Website Security: MeetUP
I’d just left the Tampa Bay PHP Developers/Freelancers Meetup group at Kaiser University in Tampa, (June 2016), and I was very disappointed. The topic of the night was website security – “Web Security, Php, Mysql, Html, Etc. Block Hackers, Protect Your Site Correctly” (copied from their email).
The website security advice given, was mostly either outdated or just plain wrong, and certainly nowhere near comprehensive. They were recommending using PHP functions like “Magic Quotes”, and similar weak, outdated functions that have been replaced by newer, much stronger functions that will be automatically updated in the future – yet the new functions weren’t even mentioned, except by me – for which I was “rewarded” with a request to leave!

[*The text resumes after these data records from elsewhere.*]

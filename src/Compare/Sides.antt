-- ===== src/Compare/Sides.antt =====
-- What a comparison asks, and what its answers put side by side.
use next_dbm.Base.{
  ℕ, zero, suc, length, arith, ◌≡◌, refl, ap, fun_ext, ◌∙◌, sym, true, Bool-cases, inl, inr, List,
  [], ◌∷◌, ◌++◌, map, append_assoc, append-nil, Text, codes, text_eq, free_of, split, split-append,
  split-free, if◌then◌else◌, Option, some,
}
use next_dbm.Mysql.Defs.{get_table_ddl}
use next_dbm.Dispatch.Defs.{Protocol, statement, get_sql_converter, mysql_cases}
use next_dbm.Answers.Defs.{
  Answer, App, DiffTab, get_diff_table_ddl_mark, get_diff_table_ddl, add_to_tabs, add_sides,
  add_side, set_tab_results, processed, Processed, key_value_json_result,
}
use next_dbm.Dispatch.Outcomes.{is_mysql}
use next_dbm.Answers.Objects.{Unmarked, key_value_json_result-handled}
use next_dbm.Explorer.Defs.{Message}
use next_dbm.Compare.Defs.{diff_message, ask_side, extract_paths, run_compare}

-- A table that is chosen, and the statement that the server answers for it.
pub record Chosen : Type 0 where
  pub database : Text
  pub table : Text
  pub ddl : Text

abbrev pub path : Chosen → Text
path c = c.database ++ (46 ∷ c.table)

-- The labels of the three options of the choice.
abbrev pub choice : Chosen → List Text
choice c = c.database ∷ codes "tables" ∷ c.table ∷ []

-- No dot within the names, and no mark within the path.
abbrev pub Plain : Chosen → Type 0
Plain c = (free_of 46 c.database ≡ true) × (free_of 46 c.table ≡ true) × Unmarked (path c)

abbrev pub AllPlain : List Chosen → Type 0
AllPlain [] = Unit
AllPlain (c ∷ cs) = Plain c × AllPlain cs

pub data Side : Type 0 where
  src dist : Side

abbrev pub side_text : Side → Text
side_text src = codes "srcObj"
side_text dist = codes "distObj"

abbrev pub side_message : (tab_id : Text) → Side → Chosen → Message
side_message tab_id side c =
    diff_message tab_id (side_text side) (path c) (statement (get_table_ddl c.database c.table))

split-path :
    (c : Chosen)
    → free_of 46 c.database ≡ true
    → free_of 46 c.table ≡ true
    → split 46 (path c) ≡ c.database ∷ c.table ∷ []
split-path c h g =
    split-append 46 c.database c.table h ∙ ap (c.database ∷◌) (split-free 46 c.table g)

ask_side-messages :
    (parse : Text → Option Text) (datetime tab_id : Text) (protocol : Protocol) (side : Side)
    (cs : List Chosen)
    → is_mysql protocol ≡ true
    → AllPlain cs
    → ask_side (get_sql_converter parse datetime protocol) tab_id (side_text side) (map path cs)
      ≡ some (map (side_message tab_id side) cs)
unfolding ask_side get_sql_converter mysql_cases get_table_ddl
ask_side-messages parse datetime tab_id protocol side [] m p = refl
ask_side-messages parse datetime tab_id Protocol.mysql side (c ∷ cs) m ((h, g, u), p) =
    rw (split-path c h g, ask_side-messages parse datetime tab_id Protocol.mysql side cs m p) refl
ask_side-messages parse datetime tab_id Protocol.maria_db side (c ∷ cs) m ((h, g, u), p) =
    rw (split-path c h g, ask_side-messages parse datetime tab_id Protocol.maria_db side cs m p)
      refl
ask_side-messages parse datetime tab_id Protocol.postgre_sql side (c ∷ cs) m p = absurd (cc m)
ask_side-messages parse datetime tab_id (Protocol.other _) side (c ∷ cs) m p = absurd (cc m)

extract_paths-choice :
    (cs : List Chosen) → extract_paths (some (map choice cs)) ≡ some (map path cs)
unfolding extract_paths
extract_paths-choice [] = refl
extract_paths-choice (c ∷ cs) = rw (extract_paths-choice cs) refl

-- What is written into the tab of the comparison.
abbrev pub at : Text → (DiffTab → DiffTab) → DiffTab → DiffTab
at id f tab = if text_eq tab.id id then f tab else tab

abbrev pub put : Side → Text → DiffTab → DiffTab
put src text tab = record tab { src_obj = tab.src_obj ++ text }
put dist text tab = record tab { dist_obj = tab.dist_obj ++ text }

-- Each statement behind two line ends.
abbrev pub listing : List Chosen → Text
listing [] = []
listing (c ∷ cs) = (13 ∷ 10 ∷ 13 ∷ 10 ∷ c.ddl) ++ listing cs

-- The server gives back the key and `attr`.
abbrev pub reply : Message → Answer
reply m = record { key = m.key; ret_type = m.ret_type; code = 0; msg = []; attr = m.attr }

abbrev pub answer_side :
    (get_sql : Text → Text → Text) → (tab_id : Text) → Side → List Chosen → App → App
answer_side get_sql tab_id side [] a = a
answer_side get_sql tab_id side (c ∷ cs) a = answer_side get_sql tab_id side cs (
    key_value_json_result get_sql (reply (side_message tab_id side c))
      (some ((c.table, c.ddl) ∷ [])) a)

-- A tab but for the entries of its results.
abbrev pub forget : DiffTab → DiffTab
forget tab = record tab { results = [] }

forget-set_tab_results :
    (tab_index : Text) (results : List Processed) (tab : DiffTab)
    → forget (set_tab_results tab_index results tab) ≡ forget tab
forget-set_tab_results tab_index results tab = elim (Bool-cases (text_eq tab.id tab_index)) [
  | inl e ↦ rw e refl
  | inr e ↦ rw e refl
]

map-forget-set_tab_results :
    (tab_index : Text) (results : List Processed) (tabs : List DiffTab)
    → map forget (map (set_tab_results tab_index results) tabs) ≡ map forget tabs
map-forget-set_tab_results tab_index results [] = refl
map-forget-set_tab_results tab_index results (tab ∷ tabs) =
    rw
      (
        forget-set_tab_results tab_index results tab,
        map-forget-set_tab_results tab_index results tabs,
      )
      refl

map-append : (f : DiffTab → DiffTab) (a b : List DiffTab) → map f (a ++ b) ≡ map f a ++ map f b
map-append f [] b = refl
map-append f (t ∷ a) b = ap (f t ∷◌) (map-append f a b)

length-map : (f : DiffTab → DiffTab) (a : List DiffTab) → length (map f a) ≡ length a
length-map f [] = refl
length-map f (t ∷ a) = ap suc (length-map f a)

-- The text of an answer, as it is added.
abbrev gap : Chosen → Text
gap c = 13 ∷ 10 ∷ 13 ∷ 10 ∷ c.ddl

forget-add_side :
    (side : Side) (c : Chosen) (tab : DiffTab)
    → forget (add_side (side_text side) c.ddl tab) ≡ put side (gap c) (forget tab)
forget-add_side src c tab = refl
forget-add_side dist c tab = refl

-- The value is added to the tab of the comparison, wherever its entry goes.
add_to_tabs-forget :
    (tab_index tab_id : Text) (side : Side) (c : Chosen) (count : ℕ) (before behind : List DiffTab)
    → length behind ≡ count
    → map forget (
        add_to_tabs tab_index
          (reply (side_message tab_id side c))
          ((c.table, c.ddl) ∷ [])
          count
          before
          behind)
      ≡ map forget before ++ map (at tab_id (put side (gap c))) (map forget behind)
unfolding add_to_tabs add_sides
add_to_tabs-forget tab_index tab_id side c zero before [] h = map-append forget before []
add_to_tabs-forget tab_index tab_id side c zero before (tab ∷ behind) h = absurd (cc h)
add_to_tabs-forget tab_index tab_id side c (suc count) before [] h = absurd (cc h)
add_to_tabs-forget tab_index tab_id side c (suc count) before (tab ∷ behind) h =
    elim (Bool-cases (text_eq tab.id tab_id)) [
      | inl e ↦
          let r = reply (side_message tab_id side c) in
          let here = add_side (side_text side) c.ddl tab in
          let entries = here.results ++ (processed r ∷ []) in
          let write = set_tab_results tab_index entries in
          rw e (
            add_to_tabs-forget tab_index tab_id side c count (map write before ++ (write here ∷ []))
              (map write behind) (length-map write behind ∙ less h)
            ∙ ap (◌++ map (at tab_id (put side (gap c))) (map forget (map write behind))) (
                map-append forget (map write before) (write here ∷ [])
                ∙ ap (◌++ (forget (write here) ∷ []))
                    (map-forget-set_tab_results tab_index entries before)
                ∙ ap (λ (t : DiffTab). map forget before ++ (t ∷ []))
                    (forget-set_tab_results tab_index entries here ∙ forget-add_side side c tab))
            ∙ ap
                (λ (ts : List DiffTab).
                  (map forget before ++ (put side (gap c) (forget tab) ∷ []))
                  ++ map (at tab_id (put side (gap c))) ts)
                (map-forget-set_tab_results tab_index entries behind)
            ∙ append_assoc (map forget before) (put side (gap c) (forget tab) ∷ [])
                (map (at tab_id (put side (gap c))) (map forget behind)))
      | inr e ↦ rw e (
          add_to_tabs-forget tab_index tab_id side c count (before ++ (tab ∷ [])) behind (less h)
          ∙ ap (◌++ map (at tab_id (put side (gap c))) (map forget behind))
              (map-append forget before (tab ∷ []))
          ∙ append_assoc (map forget before) (forget tab ∷ [])
              (map (at tab_id (put side (gap c))) (map forget behind)))
    ]
  where
    less : {a b : ℕ} → suc a ≡ suc b → a ≡ b
    less k = omega arith

one_answer :
    (get_sql : Text → Text → Text) (tab_id : Text) (side : Side) (c : Chosen) (a : App)
    → Unmarked (path c)
    → map forget
        (key_value_json_result get_sql
          (reply (side_message tab_id side c))
          (some ((c.table, c.ddl) ∷ []))
          a).tabs
      ≡ map (at tab_id (put side (gap c))) (map forget a.tabs)
unfolding get_diff_table_ddl
one_answer get_sql tab_id side c a u =
    ap (λ (h : App). map forget h.tabs)
      (key_value_json_result-handled get_sql get_diff_table_ddl_mark (path c)
        (reply (side_message tab_id side c)) ((c.table, c.ddl) ∷ []) a u refl)
    ∙ add_to_tabs-forget a.tab_index tab_id side c (length a.tabs) [] a.tabs refl

put_id : (side : Side) (text : Text) (tab : DiffTab) → (put side text tab).id ≡ tab.id
put_id src text tab = refl
put_id dist text tab = refl

map-at :
    (id : Text) (f g : DiffTab → DiffTab) (tabs : List DiffTab)
    → ((tab : DiffTab) → (f tab).id ≡ tab.id)
    → map (at id g) (map (at id f) tabs) ≡ map (at id (λ tab. g (f tab))) tabs
map-at id f g [] k = refl
map-at id f g (tab ∷ tabs) k = elim (Bool-cases (text_eq tab.id id)) [
  | inl e ↦ rw (e, ap (λ (t : Text). text_eq t id) (k tab) ∙ e, map-at id f g tabs k) refl
  | inr e ↦ rw (e, e, map-at id f g tabs k) refl
]

put_twice :
    (side : Side) (a b : Text) (tab : DiffTab) → put side b (put side a tab) ≡ put side (a ++ b) tab
put_twice src a b tab = ap (λ (t : Text). record tab { src_obj = t }) (append_assoc tab.src_obj a b)
put_twice dist a b tab =
    ap (λ (t : Text). record tab { dist_obj = t }) (append_assoc tab.dist_obj a b)

put_nothing : (side : Side) (tab : DiffTab) → put side [] tab ≡ tab
put_nothing src tab = ap (λ (t : Text). record tab { src_obj = t }) (append-nil tab.src_obj)
put_nothing dist tab = ap (λ (t : Text). record tab { dist_obj = t }) (append-nil tab.dist_obj)

at_nothing : (id : Text) (side : Side) (tabs : List DiffTab) → map (at id (put side [])) tabs ≡ tabs
at_nothing id side [] = refl
at_nothing id side (tab ∷ tabs) = elim (Bool-cases (text_eq tab.id id)) [
  | inl e ↦ rw (e, put_nothing side tab, at_nothing id side tabs) refl
  | inr e ↦ rw (e, at_nothing id side tabs) refl
]

answer_side-tabs :
    (get_sql : Text → Text → Text) (tab_id : Text) (side : Side) (cs : List Chosen) (a : App)
    → AllPlain cs
    → map forget (answer_side get_sql tab_id side cs a).tabs
      ≡ map (at tab_id (put side (listing cs))) (map forget a.tabs)
answer_side-tabs get_sql tab_id side [] a p = sym (at_nothing tab_id side (map forget a.tabs))
answer_side-tabs get_sql tab_id side (c ∷ cs) a ((h, g, u), p) =
    let a' =
      key_value_json_result get_sql (reply (side_message tab_id side c))
        (some ((c.table, c.ddl) ∷ [])) a in
    answer_side-tabs get_sql tab_id side cs a' p
    ∙ ap (map (at tab_id (put side (listing cs)))) (one_answer get_sql tab_id side c a u)
    ∙ map-at tab_id (put side (gap c)) (put side (listing cs)) (map forget a.tabs)
        (put_id side (gap c))
    ∙ ap (λ (f : DiffTab → DiffTab). map (at tab_id f) (map forget a.tabs))
        (fun_ext (put_twice side (gap c) (listing cs)))

-- For MySQL and MariaDB, when tables are chosen on both sides whose names have no dot, and whose paths have
-- no mark, the run asks for the statement of each, in their order, those of the source first. And when each
-- request is answered with its statement, in this order, the source object of the tab has the statements of
-- the source tables added, each behind two line ends, the other object those of the other tables, and of
-- no other tab is anything changed but the entries of its results.
pub run_compare-answered :
    (parse : Text → Option Text) (datetime : Text) (protocol : Protocol)
    (get_sql : Text → Text → Text) (tab_id : Text) (srcs dists : List Chosen) (a : App)
    → is_mysql protocol ≡ true
    → AllPlain srcs
    → AllPlain dists
    → (run_compare
          (get_sql_converter parse datetime protocol)
          tab_id
          (some (map choice srcs))
          (some (map choice dists))
        ≡ some (map (side_message tab_id src) srcs ++ map (side_message tab_id dist) dists))
      × (map forget
            (answer_side get_sql tab_id dist dists (answer_side get_sql tab_id src srcs a)).tabs
          ≡ map
              (at tab_id (λ (tab : DiffTab). record tab {
                src_obj = tab.src_obj ++ listing srcs;
                dist_obj = tab.dist_obj ++ listing dists;
              }))
              (map forget a.tabs))
unfolding run_compare
run_compare-answered parse datetime protocol get_sql tab_id srcs dists a m p q = (
  rw
      (
        extract_paths-choice srcs,
        extract_paths-choice dists,
        ask_side-messages parse datetime tab_id protocol src srcs m p,
        ask_side-messages parse datetime tab_id protocol dist dists m q,
      )
      refl,
  answer_side-tabs get_sql tab_id dist dists (answer_side get_sql tab_id src srcs a) q
      ∙ ap (map (at tab_id (put dist (listing dists))))
          (answer_side-tabs get_sql tab_id src srcs a p)
      ∙ map-at tab_id (put src (listing srcs)) (put dist (listing dists)) (map forget a.tabs)
          (put_id src (listing srcs)),
)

Even the PHP.NET website says not to use “Magic Quotes”. When I tried to gently correct the speaker with newer, more accurate information, he opined that the subject of web security was moot to developers since it is up to the visitors of his clients’ websites to protect themselves from malware that could come from those websites – that web security wasn’t his or his clients’ responsibility. He went on to justify his line of reasoning(?) by suggesting that it would cost five thousand dollars to pen test and “guarantee” a website’s security!
No, nobody can guarantee website security. Everything is hackable at some level, but for all reasonable, practical purposes, we can adequately secure our customers’ websites from pretty much all but top-echelon hackers, and state actors. And it doesn’t have to cost five big ones. Nor would it necessarily require pen tests, but you could easily run pen tests with free software, so I”m not sure where the five grand comes in – but I”m interested! 🙂
Shucks, I’ll pen test the typical small business website security for a measly hundred bucks!
Web developers mostly use CMS frameworks nowadays, so basic website security and security updates are taken care of to a degree. Plug-ins and custom themes however, need to be inspected because most web developers either have the mind-set, like that MeetUp speaker, that web security isn’t really a web developer’s responsibility, or they’re just plain not-trained in web security, or both.
Even those website security-conscious developers who do feel responsible, well they’re professional “web developers” not “web security analysts”, and their ability to protect websites from actual attacks is likely to be inadequate.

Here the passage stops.